Las islas afortunadas. Volar
ganándole tiempo al tiempo, entrar en una máquina y aparecer en un paraíso en
el que todos somos más jóvenes y algo más lentos. Ella aún no habrá salido de
la academia de inglés y la doncella ecuatoriana estará apunto de prepararle su
baño de sales. A Jose le vuelve loco su olor y la desnuda con manos nerviosas
nada más atravesar el coqueto recibidor. Le hace el amor con ímpetu, con la
pericia de un gran amante y la dulzura de un adolescente, y le gustaría tener
mil dedos y varias decenas de lenguas para cubrirla por completo, para
enterrarla con su pasión y ser un sexo tridimensional con sabor a leche agria,
la doncella de hierro medieval en la que ella moriría en cada encuentro para
renacer al rato, una vez que sus miradas se encontraran vagando perdidas por el
techo. Es una suerte viajar hacia atrás cuando uno va en busca de la felicidad,
luego regresar de noche para que pronto sea mañana y la rutina nos ensucie la
mirada hasta que vuelva a ser jueves, y otra vez jueves, y nos pongamos el
perfume que ella nos regaló, cojamos el portátil dorado y vaciemos la cabeza de
los problemas de los demás que a nadie le importan. Es bonito recoger los
billetes, de ida y vuelta, Don José Antonio, sin preocuparse del precio ni de
buscar la tarjeta de crédito de Caja Madrid, solo extender la mano, sonreír a
la chica del pañuelo verde anudado al cuello y dar gracias a San Pedro de
Alcántara por nuestra buena suerte.
Tenerife tiene forma de pequeña
España, de raya sumergiéndose en las frías aguas de un mar de mentira, del
recogedor que utilizan los barrenderos, de Concorde a punto de despegar, de un
pato levantando el vuelo hacia el lugar por donde todas las mañanas sale el
sol, de sirena saltando desde un trampolín en un concurso de televisión, de bacalao
abierto desalado que huele a arenque rancio, de chica tomando el sol desnuda
con las manos detrás de la cabeza, de cuchara llena de caviar, de pene en
erección. En Tenerife siempre es primavera. Nos vigila el padre Teide, entre el
fuego y la nieve, y algún día la lava lo arrasará todo y solo quedarán amantes
petrificados en un coito infinito entre el olor del infierno. El desierto, la
costa de arenas negras y precipicios inacabables desde los que los amantes
saltan al vacío con el corazón hecho jirones. En carnaval jugaremos al golf
esquivando el viento alisio y las gana de llorar.

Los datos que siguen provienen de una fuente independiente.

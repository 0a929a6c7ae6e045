-- ===== src/Base/Results.antt =====
-- Fallible code: a Go function that returns `(value, error)`.
use mathlib.Core.Path.{◌≡◌, refl}
use mathlib.Core.Bool.{Bool, true, false}
use mathlib.Core.Option.{Option, none, some}

pub data Result {ℓ κ} (E : Type ℓ) (A : Type κ) : Type (ℓ ⊔ κ) where
  ok : A → Result E A
  err : E → Result E A

-- `if !b { return e }`
abbrev pub guard {ℓ} : {E : Type ℓ} → Bool → E → Result E (Unit {0})
guard false failure = err failure
guard true failure = ok tt

-- `if b { return e }`
abbrev pub fail_if {ℓ} : {E : Type ℓ} → Bool → E → Result E (Unit {0})
fail_if true failure = err failure
fail_if false failure = ok tt

-- a row that has to be there
abbrev pub or_err {ℓ κ} : {E : Type ℓ} {A : Type κ} → Option A → E → Result E A
or_err none failure = err failure
or_err (some row) failure = ok row

module _ {ℓ κ μ} {E : Type ℓ} {A : Type κ} {B : Type μ} where
  infixl 5 ◌>>=◌
  abbrev pub ◌>>=◌ : Result E A → (A → Result E B) → Result E B
  err failure >>= rest = err failure
  ok value >>= rest = rest value

  -- What a function that succeeded had from its first call.
  pub >>=-eq-ok :
      (first : Result E A) (rest : A → Result E B) {r : B}
      → (first >>= rest) ≡ ok r
      → (value : A) × (first ≡ ok value) × (rest value ≡ ok r)
  >>=-eq-ok (err failure) rest e = cc
  >>=-eq-ok (ok value) rest e = (value, refl, e)

infixl 5 ◌>>◌
abbrev pub ◌>>◌ {ℓ κ} : {E : Type ℓ} {B : Type κ} → Result E (Unit {0}) → Result E B → Result E B
check >> rest = check >>= λ _. rest

module _ {ℓ κ} {E : Type ℓ} {B : Type κ} where
  pub guard-eq-ok :
      (c : Bool) (e : E) (k : Result E B) {b : B}
      → (guard c e >> k) ≡ ok b
      → (c ≡ true) × (k ≡ ok b)
  guard-eq-ok true e k h = (refl, h)
  guard-eq-ok false e k h = cc

  pub fail_if-eq-ok :
      (c : Bool) (e : E) (k : Result E B) {b : B}
      → (fail_if c e >> k) ≡ ok b
      → (c ≡ false) × (k ≡ ok b)
  fail_if-eq-ok true e k h = cc
  fail_if-eq-ok false e k h = (refl, h)

pub guard_inv {ℓ} : {E : Type ℓ} (c : Bool) (e : E) → guard c e ≡ ok tt → c ≡ true
guard_inv true e h = refl
guard_inv false e h = cc

pub or_err-eq-ok {ℓ κ μ} :
    {E : Type ℓ} {A : Type κ} {B : Type μ} (o : Option A) (e : E) (f : A → Result E B) {b : B}
    → (or_err o e >>= f) ≡ ok b
    → (a : A) × (o ≡ some a) × (f a ≡ ok b)
or_err-eq-ok none e f h = cc
or_err-eq-ok (some a) e f h = (a, refl, h)

pub ok-injective {ℓ κ} :
    {E : Type ℓ} {A : Type κ} {a b : A} → ◌≡◌ {A = Result E A} (ok a) (ok b) → a ≡ b
ok-injective e = cc

pub ok-eq_0 {ℓ κ μ} :
    {E : Type ℓ} {A : Type κ} {B : Type μ} {a : A} {b : B} {r : A × B}
    → ◌≡◌ {A = Result E (A × B)} (ok (a, b)) (ok r)
    → r.0 ≡ a
ok-eq_0 e = cc

pub ok-eq_1 {ℓ κ μ} :
    {E : Type ℓ} {A : Type κ} {B : Type μ} {a : A} {b : B} {r : A × B}
    → ◌≡◌ {A = Result E (A × B)} (ok (a, b)) (ok r)
    → r.1 ≡ b
ok-eq_1 e = cc
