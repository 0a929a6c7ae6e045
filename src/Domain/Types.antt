-- ===== src/Domain/Types.antt =====
-- The types of entity.go, with the source's fields.
use cashflow_backend.Base.{ℕ, Bool, true, false, Option, List, Text}
use cashflow_backend.Base.Int.{ℤ}

abbrev pub Uuid : Type 0
Uuid = ℕ

abbrev pub uuid_nil : Uuid
uuid_nil = 0

abbrev pub Date : Type 0
Date = ℕ

abbrev pub Time : Type 0
Time = ℕ

abbrev pub Decimal : Type 0
Decimal = ℤ

pub data AccountType : Type 0 where
  asset liability equity income expense : AccountType

pub data NormalBalance : Type 0 where
  debit_balance credit_balance : NormalBalance

pub data PeriodState : Type 0 where
  open_period soft_closed hard_closed : PeriodState

pub data MoveState : Type 0 where
  draft posted reversed : MoveState

-- FiscalYear.State is the string "open" or "closed".
pub data YearState : Type 0 where
  open_year closed_year : YearState

abbrev pub is_open : PeriodState → Bool
is_open open_period = true
is_open _ = false

abbrev pub is_draft : MoveState → Bool
is_draft draft = true
is_draft _ = false

abbrev pub is_posted : MoveState → Bool
is_posted posted = true
is_posted _ = false

abbrev pub is_open_year : YearState → Bool
is_open_year open_year = true
is_open_year _ = false

pub record Account : Type 0 where
  pub id : Uuid
  pub code : Text
  pub name : Text
  pub account_type : AccountType
  pub normal_balance : NormalBalance
  pub currency_id : Text
  pub parent_id : Option Uuid
  pub is_reconcilable : Bool
  pub is_active : Bool
  pub is_cash_equivalent : Bool
  pub is_non_cash_adjustment : Bool
  pub cash_flow_activity : Text
  pub created_at : Time
  pub updated_at : Time

pub record FiscalYear : Type 0 where
  pub id : Uuid
  pub year : ℕ
  pub start_date : Date
  pub end_date : Date
  pub state : YearState
  pub created_at : Time

pub record FiscalPeriod : Type 0 where
  pub id : Uuid
  pub fiscal_year_id : Uuid
  pub period_number : ℕ
  pub name : Text
  pub start_date : Date
  pub end_date : Date
  pub state : PeriodState
  pub closed_at : Option Time
  pub closed_by : Option Uuid
  pub created_at : Time

pub record Journal : Type 0 where
  pub id : Uuid
  pub code : Text
  pub name : Text
  pub journal_type : Text
  pub sequence_prefix : Text
  pub next_number : ℕ
  pub is_active : Bool
  pub created_at : Time

pub record SubledgerEventMapping : Type 0 where
  pub event_type : Text
  pub journal_id : Uuid
  pub debit_account_id : Uuid
  pub credit_account_id : Uuid
  pub description : Text
  pub is_active : Bool

pub record AccountingConfiguration : Type 0 where
  pub retained_earnings_account_id : Uuid
  pub fx_gain_account_id : Uuid
  pub fx_loss_account_id : Uuid
  pub fx_reconciliation_journal_id : Uuid
  pub functional_currency : Text

pub record AccountMoveLine : Type 0 where
  pub id : Uuid
  pub move_id : Uuid
  pub account_id : Uuid
  pub partner_id : Option Uuid
  pub debit : Decimal
  pub credit : Decimal
  pub amount_currency : Decimal
  pub currency_id : Text
  pub cost_center_id : Option Uuid
  pub matching_number : Text
  pub date : Date
  pub created_at : Time

-- The columns of a journal entry, as the table account_moves holds them.
pub record MoveHeader : Type 0 where
  pub id : Uuid
  pub name : Text
  pub journal_id : Uuid
  pub period_id : Uuid
  pub date : Date
  pub state : MoveState
  pub ref : Text
  pub reversed_move_id : Option Uuid
  pub hash_signature : Text
  pub posted_at : Option Time
  pub posted_by : Option Uuid
  pub created_by : Option Uuid
  pub created_at : Time
  pub updated_at : Time

-- The aggregate root: the header's fields and the lines.
pub record AccountMove : Type 0 where
  pub header : MoveHeader
  pub open header use *
  pub lines : List AccountMoveLine

pub record FinancialAuditLog : Type 0 where
  pub entity_type : Text
  pub entity_id : Uuid
  pub action : Text
  pub actor_id : Uuid
  pub payload_before : Text
  pub payload_after : Text
  pub ip_address : Text
  pub previous_log_hash : Text
  pub current_log_hash : Text
  pub timestamp : Time

pub record TrialBalanceRow : Type 0 where
  pub account_id : Uuid
  pub account_code : Text
  pub account_name : Text
  pub initial_debit : Decimal
  pub initial_credit : Decimal
  pub period_debit : Decimal
  pub period_credit : Decimal
  pub ending_debit : Decimal
  pub ending_credit : Decimal
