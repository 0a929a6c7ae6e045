-- ===== src/Domain/Errors.antt =====
-- The errors that the accounting feature returns: the sentinel errors of entity.go, then those made
-- in place by errors.New and fmt.Errorf, and last the constraints of the schema (migrations/).
-- Wrapping by `%w` keeps the sentinel, so a wrapped error is its sentinel here.
use cashflow_backend.Base.{Result}

pub data Error : Type 0 where
  account_not_found : Error
  duplicate_account_code : Error
  period_closed : Error
  period_not_found : Error
  invalid_period_transition : Error
  journal_not_found : Error
  move_not_found : Error
  move_changed : Error
  move_already_reversed : Error
  move_requires_at_least_two_lines : Error
  negative_amounts_not_allowed : Error
  zero_amount_line : Error
  unbalanced_move : Error
  move_already_posted : Error
  cannot_reverse_unposted_move : Error
  maker_checker_creator_required : Error
  maker_checker_violation : Error
  maker_checker_actor_required : Error
  subledger_mapping_not_found : Error
  exchange_rate_missing : Error
  accounting_configuration_missing : Error
  account_not_reconcilable : Error
  reconciliation_not_found : Error
  fiscal_year_not_found : Error
  fiscal_year_not_closable : Error
  account_has_posted_moves : Error
  accounting_actor_required : Error
  duplicate_journal_code : Error
  -- a required value is missing or malformed
  required : Error
  bad_date : Error
  bad_currency : Error
  too_long : Error
  bad_rate : Error
  bad_choice : Error
  both_debit_and_credit : Error
  journal_inactive : Error
  account_inactive : Error
  bad_sequence_number : Error
  duplicate_allocation : Error
  date_precedes_line : Error
  mixed_allocations : Error
  allocation_exceeds_residual : Error
  unequal_allocations : Error
  line_not_found : Error
  inconsistent_residual : Error
  nil_row : Error
  unknown_account : Error
  mixed_activities : Error
  tampered_link : Error
  tampered_payload : Error
  retained_account_unfit : Error
  fx_accounts_unfit : Error
  adjustment_rounds_to_zero : Error
  missing_foreign_amount : Error
  -- a constraint of the schema refused the statement
  constraint_violation : Error

-- What a function that returns `(value, error)` gives.
abbrev pub Fallible {ℓ} : Type ℓ → Type ℓ
Fallible A = Result Error A
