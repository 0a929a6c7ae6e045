-- ===== src/Domain.antt =====
-- The entities of internal/features/accounting/entity.go, and the checks that an entity makes of
-- itself. A uuid.UUID is a number with 0 for uuid.Nil; a nilable pointer is an Option; a date is
-- its count of days and an instant its count of nanoseconds, with 0 for the zero time.Time; an
-- amount is a whole number of the smallest unit in use, with the exact sums of decimal.Decimal.
mod Types
mod Errors
pub mod Balance
pub use Types.*
pub use Errors.*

Carlos se ha aflojado el enorme
nudo de su corbata azul y mira la dorada calva de José Antonio. Vuela a
Tenerife en viaje de negocios, va a visitar una delegación de su empresa –que
dirige una empleada que por lo visto es un pimpollito- que no está dando los
resultados que se esperaban, y se alegra de que su compañero se haya hecho el
despistado cuando salía del servicio de la sala VIP. A él tampoco le apetecía
saludarle, menos en esas circunstancias en las que uno desconoce los hábitos de
higiene de las personas, y afortunadamente no le ha tocado un asiento contiguo
que habría hecho imposible evitar la conversación. Ha comido estupendamente, lo
del Zaragoza no tiene remedio, ha leído la media página que dedicaban a Teruel
que sigue sin existir, ha saboreado un delicioso caldo del Somontano, ha visto
el sol reflejado en el ala derecha del avión. La vida le sonríe. Su jefa, Luisa
Fernanda, la dama de hierro aragonesa engrasada con aceite del Bajo Aragón, le
ha advertido que no tolerará ninguna irregularidad más. Ella empezó de huésped
en la pensión, como en la zarzuela, ahora es la dueña del hotel pero Carlos
desearía enviarla a las dehesas extremeñas para perderla de vista. Su corazón
vibra al escuchar la palabra amor con mayúsculas, buen nombre para un congreso
a celebrar en un futuro en la ciudad de los amantes del que él podría ser el
pregonero y el monaguillo. Anota la idea en su cuaderno de trabajo en blanco.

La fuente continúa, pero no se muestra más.